Hebp2, also known as heme-binding protein 2, is involved in multiple biological processes. It has been associated with the regulation of microtubule dynamics and mitotic spindle behavior through its interaction with ALG-2, which is significant for genomic stability in cells. Abnormalities in the ALG-2/Hebp2 interaction can lead to improper mitosis [2].
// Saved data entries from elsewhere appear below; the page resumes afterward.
-- ===== src/Market/BuildSnapshot/Pace.antt =====
-- The pace of publication, over any run of cycles of volengine/market_data/application/build_snapshot.py.
use volengine.Base.{◌≡◌, subst, arith, true, Option, none, some, List, [], ◌∷◌}
use volengine.Base.Results.{Result, ok}
use volengine.Base.Instants.{Instant, elapsed, require_aware}
use volengine.Base.Floats.{Float, IsComparable}
use volengine.Contracts.Snapshot.{MarketSnapshot}
use volengine.Market.QuoteChain.{QuoteChain}
use volengine.Market.SnapshotPolicy.{
  SnapshotPolicyConfig, ChainStats, cadence_elapsed, due_after, is_due, should_emit,
}
use volengine.Market.BuildSnapshot.{Settings, Builder, build}
use volengine.Market.BuildSnapshot.Outcomes.{Ended, raised, idle, published}
use volengine.Market.BuildSnapshot.Cycle.{build-Ended}

module _ {F : Type 0} ⦃f : Float F⦄ where
  -- Instants of which each is at least the cadence after the one before.
  abbrev pub Spaced : F → Option Instant → List Instant → Type 0
  Spaced cadence last [] = Unit {0}
  Spaced cadence none (t ∷ ts) = Spaced cadence (some t) ts
  Spaced cadence (some last) (t ∷ ts) =
      (f.le cadence (f.seconds (elapsed t last)) ≡ true) × Spaced cadence (some t) ts

  -- The instant of a cycle that published, before those of the later ones.
  abbrev pub then_at : Instant → Result (Option (MarketSnapshot F)) → List Instant → List Instant
  then_at now (ok (some m)) later = now ∷ later
  then_at now _ later = later

  paced :
      (c : SnapshotPolicyConfig F) (stats : ChainStats F) (move : F) (last now : Instant)
      → should_emit c stats move (some last) now ≡ ok true
      → f.le c.cadence_seconds (f.seconds (elapsed now last)) ≡ true
  unfolding should_emit is_due cadence_elapsed due_after require_aware
  paced c stats move last now h = ground (arith, h)

  emitted-Spaced :
      (c : SnapshotPolicyConfig F) (stats : ChainStats F) (move : F) (last : Option Instant)
      (now : Instant) (later : List Instant)
      → should_emit c stats move last now ≡ ok true
      → Spaced c.cadence_seconds (some now) later
      → Spaced c.cadence_seconds last (now ∷ later)
  emitted-Spaced c stats move none now later h rest = rest
  emitted-Spaced c stats move (some last) now later h rest = (paced c stats move last now h, rest)

module _ {F : Type 0} ⦃f : Float F⦄ ⦃c : IsComparable F⦄ where
  ended-Spaced :
      {s : Settings F} {now : Instant} {b b' : Builder F} {r : Result (Option (MarketSnapshot F))}
      (later : List Instant)
      → Ended s now b r b'
      → Spaced s.policy.cadence_seconds b'.last_emit later
      → Spaced s.policy.cadence_seconds b.last_emit (then_at now r later)
  ended-Spaced later (raised because) rest = rest
  ended-Spaced {s = s} later (idle h) rest =
      subst (λ last. Spaced s.policy.cadence_seconds last later) h.same_emission rest
  ended-Spaced {s = s} {b = b} later (published h) rest =
      emitted-Spaced s.policy h.frozen.stats _ b.last_emit _ later h.willing
        (subst (λ last. Spaced s.policy.cadence_seconds last later) h.emitted rest)

  -- The instants at which a run of cycles published. Before each cycle the chain is whatever the
  -- updates and inventories have made of it.
  unfoldable pub publications :
      Settings F → List ((QuoteChain F → QuoteChain F) × Instant) → Builder F → List Instant
  publications s [] b = []
  publications s ((change, now) ∷ calls) b =
      let (r, b') = build s now (record b { chain = change b.chain }) in
      then_at now r (publications s calls b')

  -- Whatever happens to the chain between the cycles, and whichever of them raise, decline or find an
  -- empty view, each snapshot that is published is at least the cadence after the one before, the
  -- first after the last emission that the run started with.
  pub publications-Spaced :
      (s : Settings F) (calls : List ((QuoteChain F → QuoteChain F) × Instant)) (b : Builder F)
      → Spaced s.policy.cadence_seconds b.last_emit (publications s calls b)
  unfolding publications
  publications-Spaced s [] b = tt
  publications-Spaced s ((change, now) ∷ calls) b =
      let b0 : Builder F = record b { chain = change b.chain } in
      ended-Spaced (publications s calls (build s now b0).1) (build-Ended s now b0)
        (publications-Spaced s calls (build s now b0).1)
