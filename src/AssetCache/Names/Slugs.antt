-- ===== src/AssetCache/Names/Slugs.antt =====
-- What the regular expressions of the names accept.
use Prim.Native.Nat.{zero, suc}
use pretext_plus_build_full.Common.{
  ℕ, String, Bool, true, false, List, [], ◌∷◌, ◌++◌, ◌&&◌, ◌||◌, eqb, drop, length, all, ◌≡◌, refl,
  arith, ◌≤◌, ◌↔◌, ◌⊎◌, inl, inr, Bool-cases, ap, leb, leb→le, and-true_left, and-true_right, not,
}
use pretext_plus_build_full.Common.Text.{codes, is_alnum, at_end, up_to, star_end, starts_with}
use pretext_plus_build_full.AssetCache.Names.{
  is_word, slug, extension, annotated, digest, is_hex, project_id_match, subdir_match,
  cache_filename_match,
}

-- A text that is `body`, or `body` and a last newline.
abbrev pub Ends : List ℕ → List ℕ → Type 0
Ends s body = (s ≡ body) ⊎ (s ≡ body ++ (10 ∷ []))

-- `[class]{0,n}$` accepts the texts of at most `n` characters of the class, and those with a
-- newline behind them.
up_to_sound :
    (p : ℕ → Bool) (n : ℕ) (s : List ℕ)
    → up_to p n s ≡ true
    → (body : List ℕ) × (all p body ≡ true) × (length body ≤ n) × Ends s body
unfolding up_to
up_to_sound p n [] h = ([], refl, omega arith, inl refl)
up_to_sound p zero (c ∷ []) h = ([], refl, omega arith, inr (ground arith))
up_to_sound p zero (c ∷ d ∷ s) h = cc
up_to_sound p (suc n) (c ∷ s) h = elim (Bool-cases (p c)) [
  | inl t ↦
      let (body, good, short, ends) = up_to_sound p n s (rw t at h) in
      (
        c ∷ body,
        rw t good,
        omega arith,
        elim ends [ inl e ↦ inl (ap (◌∷◌ c) e) | inr e ↦ inr (ap (◌∷◌ c) e) ],
      )
  | inr f ↦ ([], refl, omega arith, inr (last_newline c s (rw f at h)))
]
  where
    last_newline : (c : ℕ) (s : List ℕ) → at_end (c ∷ s) ≡ true → c ∷ s ≡ 10 ∷ []
    last_newline c [] h = ground arith
    last_newline c (d ∷ s) h = cc

up_to_complete :
    (p : ℕ → Bool) (n : ℕ) (body s : List ℕ)
    → p 10 ≡ false
    → all p body ≡ true
    → length body ≤ n
    → Ends s body
    → up_to p n s ≡ true
unfolding up_to
up_to_complete p n [] s newline good short (inl e) = rw e
up_to_complete p zero [] s newline good short (inr e) = rw e
up_to_complete p (suc n) [] s newline good short (inr e) = rw (e, newline)
up_to_complete p zero (c ∷ body) s newline good short ends = absurd (omega arith)
up_to_complete p (suc n) (c ∷ body) s newline good short (inl e) =
    rw e (ground (arith, up_to_complete p n body body newline))
up_to_complete p (suc n) (c ∷ body) s newline good short (inr e) =
    rw e (ground (arith, up_to_complete p n body (body ++ (10 ∷ [])) newline))

-- 1 to 64 of `A-Za-z0-9_-`, the first a letter or a digit.
abbrev pub is_slug : List ℕ → Bool
is_slug [] = false
is_slug (c ∷ s) = is_alnum c && (all is_word s && leb (length s) 63)

slug→is_slug :
    (l : List ℕ)
    → slug (up_to is_word 63) l ≡ true
    → (body : List ℕ) × (is_slug body ≡ true) × Ends l body
unfolding slug
slug→is_slug [] h = cc
slug→is_slug (c ∷ l) h =
    let first = and-true_left (is_alnum c) (up_to is_word 63 l) h in
    let (body, good, short, ends) =
      up_to_sound is_word 63 l (and-true_right (is_alnum c) (up_to is_word 63 l) h) in
    (
      c ∷ body,
      rw (first, good) (ground arith),
      elim ends [ inl e ↦ inl (ap (◌∷◌ c) e) | inr e ↦ inr (ap (◌∷◌ c) e) ],
    )

is_slug→slug :
    (body l : List ℕ) → is_slug body ≡ true → Ends l body → slug (up_to is_word 63) l ≡ true
unfolding slug
is_slug→slug [] l good ends = cc
is_slug→slug (c ∷ body) l good ends =
    let first = and-true_left (is_alnum c) (all is_word body && leb (length body) 63) good in
    let rest = and-true_right (is_alnum c) (all is_word body && leb (length body) 63) good in
    let words = and-true_left (all is_word body) (leb (length body) 63) rest in
    let short = leb→le _ _ (and-true_right (all is_word body) (leb (length body) 63) rest) in
    let newline : is_word 10 ≡ false = unfold is_word in refl in
    elim ends [
      | inl e ↦ rw (e, first) (up_to_complete is_word 63 body body newline words short (inl refl))
      | inr e ↦
          rw (e, first)
            (up_to_complete is_word 63 body (body ++ (10 ∷ [])) newline words short (inr refl))
    ]

-- `PROJECT_ID` accepts a text exactly if it is a slug, or a slug with one newline behind it.
pub project_id_match_iff :
    (s : String)
    → (project_id_match s ≡ true) ↔ ((body : List ℕ) × (is_slug body ≡ true) × Ends (codes s) body)
unfolding project_id_match
project_id_match_iff s = (
  slug→is_slug (codes s),
  λ h. let (body, good, ends) = h in is_slug→slug body (codes s) good ends,
)

-- No character is a slash, the separator of paths.
abbrev pub no_slash : List ℕ → Bool
no_slash = all (λ c. not (eqb c b'/'))

not_slash : (p : ℕ → Bool) (c : ℕ) → p b'/' ≡ false → p c ≡ true → eqb c b'/' ≡ false
not_slash p c h k = elim (Bool-cases (eqb c b'/')) [
  | inl e ↦ let same : c ≡ b'/' = ground arith in cc (rw same at k, h)
  | inr e ↦ e
]

no_slash-at_end : (s : List ℕ) → at_end s ≡ true → no_slash s ≡ true
no_slash-at_end [] h = refl
no_slash-at_end (c ∷ []) h = ground arith
no_slash-at_end (c ∷ d ∷ s) h = cc

no_slash-star_end :
    (p : ℕ → Bool) (s : List ℕ) → p b'/' ≡ false → star_end p s ≡ true → no_slash s ≡ true
unfolding star_end
no_slash-star_end p [] h k = refl
no_slash-star_end p (c ∷ s) h k = elim (Bool-cases (p c)) [
  | inl t ↦ rw (not_slash p c h t, no_slash-star_end p s h (rw t at k))
  | inr f ↦ no_slash-at_end (c ∷ s) (rw f at k)
]

no_slash-up_to :
    (p : ℕ → Bool) (n : ℕ) (s : List ℕ) → p b'/' ≡ false → up_to p n s ≡ true → no_slash s ≡ true
unfolding up_to
no_slash-up_to p n [] h k = refl
no_slash-up_to p zero (c ∷ s) h k = no_slash-at_end (c ∷ s) k
no_slash-up_to p (suc n) (c ∷ s) h k = elim (Bool-cases (p c)) [
  | inl t ↦ rw (not_slash p c h t, no_slash-up_to p n s h (rw t at k))
  | inr f ↦ no_slash-at_end (c ∷ s) (rw f at k)
]

-- A name that is one component of a path, and neither `.` nor `..` nor hidden.
abbrev pub is_component : List ℕ → Bool
is_component [] = false
is_component (c ∷ s) = not (eqb c b'.') && no_slash (c ∷ s)

is_component-slug :
    (tail : List ℕ → Bool) (l : List ℕ)
    → ((s : List ℕ) → tail s ≡ true → no_slash s ≡ true)
    → slug tail l ≡ true
    → is_component l ≡ true
unfolding slug
is_component-slug tail [] h k = cc
is_component-slug tail (c ∷ s) h k =
    let first = and-true_left (is_alnum c) (tail s) k in
    rw (h s (and-true_right (is_alnum c) (tail s) k)) (unfold is_alnum in ground arith)

no_slash-extension : (s : List ℕ) → extension s ≡ true → no_slash s ≡ true
unfolding extension
no_slash-extension [] h = refl
no_slash-extension (dot ∷ []) h = cc
no_slash-extension (dot ∷ c ∷ s) h =
    let rest = and-true_right (eqb dot b'.') (is_alnum c && star_end is_alnum s) h in
    let alnum = and-true_left (is_alnum c) (star_end is_alnum s) rest in
    let slash : is_alnum b'/' ≡ false = unfold is_alnum in refl in
    rw
      (
        not_slash is_alnum c slash alnum,
        no_slash-star_end is_alnum s slash (and-true_right (is_alnum c) (star_end is_alnum s) rest),
      )
      (ground arith)

no_slash-starts :
    (s p : List ℕ)
    → starts_with s p ≡ true
    → no_slash p ≡ true
    → no_slash (drop (length p) s) ≡ true
    → no_slash s ≡ true
unfolding starts_with
no_slash-starts s [] h k rest = rest
no_slash-starts [] (q ∷ p) h k rest = refl
no_slash-starts (c ∷ s) (q ∷ p) h k rest =
    let t = no_slash-starts s p (ground arith) (ground arith) rest in rw t (ground arith)

no_slash-annotated : (s : List ℕ) → annotated s ≡ true → no_slash s ≡ true
unfolding annotated
no_slash-annotated s h = elim (Bool-cases (starts_with s (codes "-annotations"))) [
  | inl t ↦
      no_slash-starts s (codes "-annotations") t refl (no_slash-extension (drop 12 s) (rw t at h))
  | inr f ↦ no_slash-extension s (rw f at h)
]

no_slash-digest : (n : ℕ) (s : List ℕ) → digest n s ≡ true → no_slash s ≡ true
unfolding digest
no_slash-digest zero s h = no_slash-annotated s h
no_slash-digest (suc n) [] h = refl
no_slash-digest (suc n) (c ∷ s) h = rw (
  not_slash is_hex c (unfold is_hex in refl) (and-true_left (is_hex c) (digest n s) h),
  no_slash-digest n s (and-true_right (is_hex c) (digest n s) h),
)

digest-hex : (n : ℕ) (s : List ℕ) → digest (suc n) s ≡ true → is_component s ≡ true
unfolding digest
digest-hex n [] h = cc
digest-hex n (c ∷ s) h =
    let hex = and-true_left (is_hex c) (digest n s) h in
    rw (no_slash-digest (suc n) (c ∷ s) h) (unfold is_hex in ground arith)

-- Whatever one of the three expressions accepts is a single visible path component: no slash, not
-- empty, not beginning with a dot.
pub accepted-is_component :
    (s : String)
    → (project_id_match s || subdir_match s || cache_filename_match s) ≡ true
    → is_component (codes s) ≡ true
unfolding project_id_match subdir_match cache_filename_match
accepted-is_component s h =
    let word_slash : is_word b'/' ≡ false = unfold is_word in refl in
    elim (Bool-cases (slug (up_to is_word 63) (codes s))) [
      | inl t ↦ is_component-slug _ (codes s) (λ l k. no_slash-up_to is_word 63 l word_slash k) t
      | inr f ↦ elim (Bool-cases (slug (star_end is_word) (codes s))) [
        | inl t ↦ is_component-slug _ (codes s) (λ l k. no_slash-star_end is_word l word_slash k) t
        | inr g ↦ digest-hex 31 (codes s) (rw (f, g) at h)
      ]
    ]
In breast cancer, specifically triple-negative breast cancer (TNBC), overexpression of Hebp2 enhanced the viability of MDA-MB-231 cells in response to cisplatin and BCNU, while CRISPR/Cas9-mediated Hebp2-knockout reduced cell viability in response to these drugs. This indicates that Hebp2 may play a role in resistance to cisplatin and BCNU, which induce DNA cross-links [1]. In ovarian cancer, Hebp2 accelerates cancer progression, modifies the immune landscape, drives macrophage polarization from M0_TAM to M2_TAM, and contributes to carboplatin resistance both in vitro and in vivo [3].

In conclusion, Hebp2 is important in regulating microtubule-related processes during cell division. Its role in cancer, especially in conferring resistance to certain chemotherapeutic drugs in breast and ovarian cancers, makes it a potential biomarker and therapeutic target. The use of gene-editing techniques like CRISPR/Cas9 in cell models has been crucial in uncovering these functions, providing insights into the etiology and potential treatment of related diseases.